Enquanto alguns alegam que a eletricidade seria mais versátil numa comparação até a biocombustíveis, tendo em vista que um motor elétrico não vá fazer distinção entre a energia gerada por usinas nucleares ou hidrelétricas por exemplo enquanto num motor "flex" tende a haver uma diferença no desempenho e no consumo alternando entre a gasolina e o etanol, ainda é justificável considerar a maior viabilidade da permanência do motor de combustão interna na matriz energética do transporte. Se por um lado é ainda mais indispensável em frotas militares que trafeguem por regiões onde não só a energia elétrica tem um fornecimento extremamente precário mas também a variação nas especificações dos combustíveis torna desejável um motor com capacidade multicombustível hoje predominantemente baseado na tecnologia dos motores Diesel tanto para os veículos quanto para equipamentos especiais como grupos geradores instalados nas bases militares tanto em território americano quanto nas missões em outros países, por outro convém recordar como intempéries podem prejudicar o fornecimento de eletricidade em algumas localidades mesmo com os Estados Unidos sendo um país desenvolvido. Só a temporada de furacões que geralmente afeta mais intensamente a Flórida já seria um motivo suficiente para considerar estúpida a hipótese de serviços como polícia, bombeiros e ambulâncias ficarem impossibilitados de atender às emergências, especialmente em momentos de maior vulnerabilidade, e portanto seria menos inoportuno eventualmente recorrer a veículos híbridos plug-in.

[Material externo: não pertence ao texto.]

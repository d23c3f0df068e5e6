-- ===== src/Tests/Boots.antt =====
-- The program from its configuration file on, at concrete inputs.
use tcp_dpdk.Base.{
  ℕ, ◌≡◌, true, false, List, [], ◌∷◌, ◌++◌, some, ok, NoStale, IsFresh, Returns, decimal, ◌==◌,
  if◌then◌else◌, codes, arith, refl,
}
use tcp_dpdk.Tests.Witnesses.{idle-IsWellFormed}
use tcp_dpdk.Cli.Safety.{AreWellFormed}
use tcp_dpdk.Conn.Bounds.{IsBounded, conn_poll_for_msg-Within}
use tcp_dpdk.Conn.{conn_poll_for_msg, client, nobody, event, no_event, bytes}
use tcp_dpdk.Conn.Setup.{System, filled}
use tcp_dpdk.Utility.{string_to_ip}
use tcp_dpdk.Utility.Dotted.{string_to_ip-dotted}
use tcp_dpdk.Port.{Device, configure, adjust, start, promiscuous, rx_queue, tx_queue, port_init}
use tcp_dpdk.Port.Plan.{plan, Follows, port_init-Follows}
use tcp_dpdk.Main.Exit.{AreTold, main_turn-exit}
use tcp_dpdk.Config.{Settings, Field, parse_args}
use tcp_dpdk.Config.Options.{parse_args-option_args}
use tcp_dpdk.Startup.{Boot, IsBoot}
use tcp_dpdk.Main.{Event, Turn, turn, packet, terminate, World, msg_handle, main_turn, main}
use tcp_dpdk.Main.Safety.{IsSafeStart, main-IsSafe, msg_handle-NoStale}
use tcp_dpdk.Tests.Platform.{Table, platform, platform-IsDpdk}
use tcp_dpdk.Tests.Traffic.{idle_core, syn, ack}

abbrev blank : Settings
blank = record { src_ip = []; src_mac = []; dst_mac = [] }

parse_args-option_args_example :
    parse_args blank (
      codes "prog"
      ∷ codes "src_ip"
      ∷ codes "10.0.0.1"
      ∷ codes "dst_mac"
      ∷ codes "90:eb"
      ∷ codes "--"
      ∷ [])
    ≡ ok (record { src_ip = codes "10.0.0.1"; src_mac = []; dst_mac = codes "90:eb" }, some 5)
parse_args-option_args_example =
    parse_args-option_args ((Field.src_ip, codes "10.0.0.1") ∷ (Field.dst_mac, codes "90:eb") ∷ [])
      blank (codes "prog") []

abbrev machine : Boot Table
machine = record {
  eal_init = λ argv. some 2;
  count_ports = 1;
  hash_create = λ n. some [];
  malloc_nic = some (record { ip = 0; mac = 0; dst_mac = 0 });
  unformat_addr = λ text. some 0xd612_065f_6180;
  eth = 0;
  settings = blank;
}

machine-IsBoot : IsBoot platform machine
machine-IsBoot = record { created_empty = λ lcore t q e. ground (arith, e) }

abbrev calls : System
calls = record {
  inet_aton = true;
  calloc = λ b. true;
  socket = some 5;
  bind = true;
  listen = true;
  epoll_create = some 6;
}

-- The client sends a line, or says nothing.
abbrev says : List ℕ → Turn
says line = record {
  accept = nobody;
  added = true;
  wait = event true false 7;
  read = bytes (line ++ 10 ∷ []);
  removed = true;
  close_ok = true;
}

abbrev run_txt : List ℕ
run_txt = codes "-l\n0-1\nprog\nsrc_ip\n192.168.0.1\n--\n"

abbrev day : List Event
day =
    turn (record (says []) { accept = client 7; wait = no_event })
    ∷ turn (says (codes "start"))
    ∷ packet 0 syn
    ∷ packet 0 ack
    ∷ turn (says (codes "dump"))
    ∷ terminate
    ∷ []

main-IsSafe_example :
    NoStale
      (main platform 0 (λ n. true) machine (some run_txt) ((1, idle_core) ∷ []) calls day)
      (IsSafeStart platform 0 (λ n. true) platform-IsDpdk)
main-IsSafe_example =
    main-IsSafe platform 0 (λ n. true) platform-IsDpdk machine machine-IsBoot (some run_txt)
      ((1, idle_core) ∷ []) calls day
      (tt, (tt, ((omega arith, omega arith), ((omega arith, omega arith), (tt, (tt, tt))))))

-- The command line at its start, with one core.
abbrev console : World platform
console =
    filled calls
      (record { tcp_list = idle_core ∷ []; launched = 1 ∷ []; cp_quit = false; out = [] }) 5 6

main_turn-exit_example :
    Returns (main_turn platform 0 (λ n. true) console (says (codes "exit"))) (λ u.
      AreTold (idle_core ∷ []) u.state.tcp_list
      × ((later : Turn) → main_turn platform 0 (λ n. true) u later ≡ ok u))
main_turn-exit_example =
    main_turn-exit platform 0 (λ n. true) console (says (codes "exit")) false 7
      (record { size = refl; used = omega arith }) refl (omega arith) (omega arith) refl refl refl

-- With the handler of the program.
conn_poll_for_msg-Within_example :
    NoStale
      (conn_poll_for_msg
        (λ n. true)
        (msg_handle platform 0)
        console
        (event true false 7)
        (bytes (codes "a line that is much longer than the buffer\n"))
        true
        true)
      (λ r. IsBounded r.0 × AreWellFormed platform platform-IsDpdk 0 r.0.state)
conn_poll_for_msg-Within_example =
    conn_poll_for_msg-Within (λ n. true) (msg_handle platform 0) IsFresh
      (AreWellFormed platform platform-IsDpdk 0)
      (msg_handle-NoStale platform 0 (λ n. true) platform-IsDpdk) console (event true false 7)
      (bytes (codes "a line that is much longer than the buffer\n")) true true
      (record { size = refl; used = omega arith }) (idle-IsWellFormed, tt)

abbrev ready : Settings
ready = record { src_ip = codes "192.168.0.1"; src_mac = []; dst_mac = [] }

-- A device whose second receive queue cannot be set up.
abbrev device : Device
device = record {
  fast_free = true;
  is_valid_port = true;
  result = λ c. elim c [
    | configure n f ↦ 0
    | adjust ↦ 0
    | start ↦ 0
    | promiscuous ↦ 0
    | rx_queue q ↦ if q == 1 then 0xffff_ffea else 0
    | tx_queue q f ↦ 0
  ];
}

port_init-Follows_example : Follows device (plan 2 true) (port_init device 2)
port_init-Follows_example = port_init-Follows device 2 refl

string_to_ip-dotted_example : string_to_ip (codes "192.168.0.1") ≡ some 0xc0a8_0001
unfolding decimal
string_to_ip-dotted_example =
    string_to_ip-dotted 192 168 0 1 [] (omega arith) (omega arith) (omega arith) (omega arith) tt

Também se faz necessário frisar que tornou-se especialmente problemática a apresentação de sistemas híbridos como se fossem inerentemente antagônicos ao Diesel, inibindo alternativas que já até poderiam otimizar o uso de recursos energéticos para operadores cujas condições de rodagem inviabilizam que se recorra à eletrificação total das frotas, ou cuja abrangência geográfica da operação exija a versatilidade que não se replica sem a capacidade de gerar energia a bordo com o auxílio de um motor de combustão interna. E mesmo que o desenvolvimento de uma nova infra-estrutura especificamente para recarga das baterias de veículos elétricos já esteja em curso, é relevante considerar o impacto ambiental que alguns sistemas de geração de eletricidade apresentam não apenas a curto prazo mas também de médio a longo prazo, tanto pela complexidade que os sistemas de geração de energia alegadamente renováveis possam apresentar quanto pela proporção entre a área ocupada e a capacidade instalada. A utopia quanto ao uso de geradores eólicos e painéis solares eventualmente suprir os aumentos na demanda pela eletricidade a serem causados por frotas maciçamente eletrificadas acaba sendo o menor dos problemas, considerando tanto a necessidade de distribuir pontos de recarga rápida de baterias abrangendo um raio que permita à operação de veículos elétricos ter alguma previsibilidade no tocante à distância percorrida entre pontos de apoio quanto o fato de ser mais difícil trocar uma bancada de baterias por outra com mais carga em comparação a reabastecer um tanque de combustível com auxílio de uma "Jerry can" para retornar a um local com infra-estrutura mais consolidada.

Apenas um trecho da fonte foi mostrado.